Algorithm calculateStandardDeviation(X, N)
{
    private double arraySum;
    private double arrayMean;
    private double xi2;
    private double standardDeviation;

    foreach (arrayValue in X)
    {
        arraySum = arraySum + arrayValue;
    }

    arrayMean = sum / N;

    foreach (arrayValue in X)
    {
        xi2 = xi2 + Math.Pow(arrayValue, 2);
    }

    standardDeviation = Math. Sqrt(((1/N) * () * xi2) - Math.Pow(arrayMean, 2));

    return standardDeviation;
}

Solution

  • Algorithmic Complexity can, ironically, be as general or complex as you want. If you are working towards a big-oh O(...) notation complexity - as is the norm in computer science - @david robinson is correct with respect to your current situation.

    A for loop generally adds a dimension of N time complexity - where N is the number of runs your loop contains. Everything else you do runs in O(1) "constant" time (does NOT mean takes the same amount of physical time as another O(1) time op).
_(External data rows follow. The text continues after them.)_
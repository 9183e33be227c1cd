-- ===== src/DepsLog/Writer.antt =====
-- Appending to a deps log: `Record`, `Recompact` and what they call in
-- toolsupport/ninjautil/deps_log.go. A method returns its result beside the state that it leaves.
use siso.Common.{
  ℕ, ◌+◌, ◌-◌, ◌*◌, ◌/◌, ◌%◌, Bool, true, false, not, ◌&&◌, ◌||◌, List, [], ◌∷◌, ◌++◌, Option, none,
  some, Bytes, bytes_eq, ltb, ◌==◌, if◌then◌else◌, length, take, replicate, map, min,
}
use siso.Common.Words.{word, sign_bit, put_word}
use siso.DepsLog.State.{DepsRecord, DepsLog, empty_log, lookup, update, lookup_dep_record}
use siso.DepsLog.Reader.{max_record_size, new_file}

-- What the operating system decides: whether the file opens, and how many bytes of a chunk `Write`
-- puts behind the file's content. A short write is an error.
pub record Os : Type 0 where
  pub can_open : Bool
  pub can_close : Bool
  pub can_remove : Bool
  pub can_rename : Bool
  pub written : Bytes → Bytes → ℕ

pub data Reply {ℓ} (A : Type ℓ) : Type ℓ where
  ok : A → Reply A
  err : Reply A
  panic : Reply A

abbrev pub M {ℓ} : Type ℓ → Type ℓ
M A = DepsLog → Reply A × DepsLog

module _ {ℓ κ} {A : Type ℓ} {B : Type κ} where
  abbrev pub continue : Reply A → (A → DepsLog → Reply B × DepsLog) → DepsLog → Reply B × DepsLog
  continue (ok a) f d = f a d
  continue err f d = (err, d)
  continue panic f d = (panic, d)

abbrev pub pure {ℓ} : {A : Type ℓ} → A → M A
pure a d = (ok a, d)

infixl 5 ◌>>=◌
abbrev pub ◌>>=◌ : {A B : Type 0} → M A → (A → M B) → M B
◌>>=◌ m f d = let (r, d') = m d in continue r f d'

abbrev pub padding : ℕ → ℕ
padding path_size = (4 - path_size % 4) % 4

-- The bytes of a path record and of a deps record, with their headers.
unfoldable pub path_record : ℕ → Bytes → Bytes
path_record i path =
    put_word (length path + padding (length path) + 4)
    ++ (path ++ (replicate (padding (length path)) 0 ++ put_word (word - 1 - i % word)))

unfoldable pub put_words : List ℕ → Bytes
put_words [] = []
put_words (n ∷ ns) = put_word n ++ put_words ns

abbrev pub as_int32 : ℕ → ℕ
as_int32 n = n % word

unfoldable pub deps_record : ℕ → ℕ → List ℕ → Bytes
deps_record i mtime ids =
    put_word (sign_bit + (12 + 4 * length ids))
    ++ put_words (as_int32 i ∷ mtime % word ∷ as_int32 (mtime / word) ∷ map as_int32 ids)

unfoldable pub paths_eq : List Bytes → List Bytes → Bool
paths_eq [] [] = true
paths_eq [] (q ∷ qs) = false
paths_eq (p ∷ ps) [] = false
paths_eq (p ∷ ps) (q ∷ qs) = bytes_eq p q && paths_eq ps qs

-- Whether the stored record differs from the new one.
unfoldable pub differs : ℕ → List Bytes → List ℕ → Option DepsRecord → Bool
differs mtime deps ids none = true
differs mtime deps ids (some dr) =
    if not (length ids == length dr.inputs)
    then true
    else if not (mtime == dr.mtime)
    then true
    else not (paths_eq dr.inputs deps)

unfoldable pub update_log : ℕ → DepsRecord → M (Unit {0})
update_log i rec d = elim (update (as_int32 i) rec d) [
  | none ↦ (panic, d)
  | some (_, d') ↦ (ok tt, d')
]

module _ (os : Os) where
  unfoldable pub open_for_write : M (Unit {0})
  open_for_write d =
      if d.w then (ok tt, d) else if os.can_open then (ok tt, record d { w = true }) else (err, d)

  unfoldable pub write : Bytes → M (Unit {0})
  write chunk d =
      let n = min (os.written d.file chunk) (length chunk) in
      (if n == length chunk then ok tt else err, record d { file = d.file ++ take n chunk })

  unfoldable pub record_path : ℕ → Bytes → M (Unit {0})
  record_path i path d =
      if ltb max_record_size (length path + padding (length path) + 4)
      then (err, d)
      else write (path_record i path) d

  unfoldable pub record_deps : ℕ → ℕ → List ℕ → M (Unit {0})
  record_deps i mtime ids d =
      if ltb max_record_size (12 + 4 * length ids)
      then (err, d)
      else write (deps_record i mtime ids) d

  -- `uniquePathIdx`, and `recordPath` if the path was added.
  unfoldable pub intern : Bytes → M (ℕ × Bool)
  intern path d = elim (lookup path d.path_idx) [
    | some i ↦ (ok (i, false), d)
    | none ↦
        (record_path (length d.paths) path >>= λ _. pure (length d.paths, true)) (record d {
          paths = d.paths ++ path ∷ [];
          path_idx = (path, length d.paths) ∷ d.path_idx;
        })
  ]

  unfoldable pub intern_all : List Bytes → M (List ℕ × Bool)
  intern_all [] = pure ([], false)
  intern_all (p ∷ ps) = intern p >>= λ a. intern_all ps >>= λ b. pure (a.0 ∷ b.0, a.1 || b.1)

  -- The last part of `Record`: skip, or update and append.
  unfoldable pub commit : ℕ → ℕ → List Bytes → List ℕ → Bool → M Bool
  commit i mtime deps ids added d =
      if added || differs mtime deps ids (lookup_dep_record i d)
      then (update_log i (record { mtime = mtime; inputs = deps }) >>= λ _.
            record_deps i mtime ids >>= λ _. pure true)
          d
      else (ok false, d)

  -- `Record` of a log that is not nil.
  unfoldable pub record_entry : Bytes → ℕ → List Bytes → M Bool
  record_entry output mtime deps = open_for_write >>= λ _.
      intern output >>= λ o. intern_all deps >>= λ b. commit o.0 mtime deps b.0 (o.1 || b.1)

  -- `Close`
  unfoldable pub close : M (Unit {0})
  close d =
      if d.w then (if os.can_close then ok tt else err, record d { w = false }) else (ok tt, d)

  -- The loop of `Recompact` over `rDeps`, on the new log.
  unfoldable pub rewrite_records : List (Option DepsRecord) → List Bytes → M (Unit {0})
  rewrite_records [] ps = pure tt
  rewrite_records (none ∷ ds) [] = rewrite_records ds []
  rewrite_records (none ∷ ds) (p ∷ ps) = rewrite_records ds ps
  rewrite_records (some rec ∷ ds) [] = λ d. (panic, d)
  rewrite_records (some rec ∷ ds) (p ∷ ps) =
      record_entry p rec.mtime rec.inputs >>= λ _. rewrite_records ds ps

  -- The new log, written to a file of its own.
  unfoldable pub recompacted : DepsLog → Reply (Unit {0}) × DepsLog
  recompacted d =
      (open_for_write >>= λ _. rewrite_records d.r_deps d.r_paths >>= λ _. close)
        (empty_log new_file)

  -- The new file takes the old one's place; a file that is removed and not replaced reads as empty.
  unfoldable pub adopt : DepsLog → Reply (Unit {0}) → DepsLog → Reply (Unit {0}) × DepsLog
  adopt d err nd = (err, d)
  adopt d panic nd = (panic, d)
  adopt d (ok _) nd =
      if not os.can_remove
      then (err, d)
      else if os.can_rename
      then (
        ok tt,
        record d {
          r_paths = nd.paths;
          r_path_idx = nd.path_idx ++ d.r_path_idx;
          r_deps = nd.deps;
          paths = nd.paths;
          path_idx = nd.path_idx;
          deps = nd.deps;
          deps_cap = nd.deps_cap;
          shares = true;
          file = nd.file;
          needs_recompact = false;
        },
      )
      else (err, record d { file = [] })

  unfoldable pub recompact : M (Unit {0})
  recompact = close >>= λ _. λ d. let (r, nd) = recompacted d in adopt d r nd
Therefore, your time complexity is the linear addition of all your operations or O(N + N + 1 + 1+...) = O(2N). This, i'm sure you learned in class, reduces to O(N). Time complexity.

    Now for space complexity - same thing. Does anything grow as your input sizes grow? That would be a yes - your array grows as you add more elements to your array. Therefore it, too, grows as O(N). You have other constant space factors, but we're dropping that for big-oh, giving you

    linear - O(N) - in time and space complexity.